5. A method according to claim 3, wherein said calculating a contribution value for each user feature in said each user sample based on said user feature ordering and said second initial contribution value comprises:

6. The method of claim 1, wherein determining the dominant user characteristic for each user sample based on the contribution value and the contribution value threshold comprises:

acquiring a user characteristic contribution sequence according to the order of the contribution values from large to small of the user characteristics of the user sample;

and selecting the user characteristics before the target ranking from the user characteristic contribution sequence as main user characteristics of the user sample.

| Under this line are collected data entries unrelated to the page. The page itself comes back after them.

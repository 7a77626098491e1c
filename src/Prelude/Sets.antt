-- ===== src/Prelude/Sets.antt =====
-- Go's `map[string]struct{}` and sets of keys: lists in which a key stands once.
use mathlib.Core.Path.{◌≡◌}
use mathlib.Core.Logic.{◌⊎◌, inl, inr}
use mathlib.Core.Bool.{Bool, true, false, ◌||◌}
use mathlib.Core.List.{List, [], ◌∷◌}
use go_ibft.Prelude.Tests.{if◌then◌else◌, Bool-cases}
use go_ibft.Prelude.Keys.{Eq, ◌==◌, beq_cases}

module _ {ℓ} {K : Type ℓ} ⦃e : Eq K⦄ where
  abbrev pub contains : List K → K → Bool
  contains [] a = false
  contains (x ∷ xs) a = (x == a) || contains xs a

  abbrev pub add : K → List K → List K
  add a s = if contains s a then s else a ∷ s

  -- No key stands twice.
  abbrev pub Distinct : List K → Type 0
  Distinct [] = Unit
  Distinct (x ∷ xs) = (contains xs x ≡ false) × Distinct xs

module _ {ℓ} {K : Type ℓ} ⦃e : Eq K⦄ where
  pub contains-add : (a b : K) (s : List K) → contains (add a s) b ≡ ((a == b) || contains s b)
  contains-add a b s = elim (Bool-cases (contains s a)) [
    | inl h ↦ go h (beq_cases a b)
    | inr h ↦ rw h
  ]
    where
      go :
          contains s a ≡ true
          → ((a == b) ≡ true) × (a ≡ b) ⊎ ((a == b) ≡ false) × (¬ (a ≡ b))
          → contains (add a s) b ≡ ((a == b) || contains s b)
      go h (inl (p, q)) = rw (h, p, ← q, h)
      go h (inr (p, q)) = rw (h, p)

  pub add-Distinct : (a : K) (s : List K) → Distinct s → Distinct (add a s)
  add-Distinct a s d = elim (Bool-cases (contains s a)) [ inl h ↦ rw h d | inr h ↦ rw h (h, d) ]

7. The method according to claim 2, wherein the classification model is a limiting gradient lifting model or a probability tree model or a classification model.

8. An apparatus for obtaining association of guest group features, comprising:

a first calculation unit configured to calculate a contribution value of each user feature of each user sample, the contribution value being used to measure a degree to which the user sample is predicted to be a contribution of the target user;

a second calculation unit, configured to determine a primary user characteristic of each user sample according to the contribution value and the contribution value threshold, where the primary user characteristic is used to represent a primary reason that each user sample is predicted to be the target user;

the correlation unit is configured to obtain a user feature data set of which a main user feature of each user sample in the guest group is the guest group, calculate a degree of correlation between the main user features in the user feature data set, and predict the main user features of the user to be predicted according to a part of user features of the user to be predicted and the guest group in which the user to be predicted is located, where the calculating the degree of correlation between the main user features in the user feature data set includes:

9. A storage medium having a computer program stored therein, wherein the computer program is arranged to perform the method of any of claims 1 to 7 when run.

10. An electronic device comprising a memory and a processor, characterized in that the memory has stored therein a computer program, the processor being arranged to run the computer program to perform the method of any of the claims 1 to 7.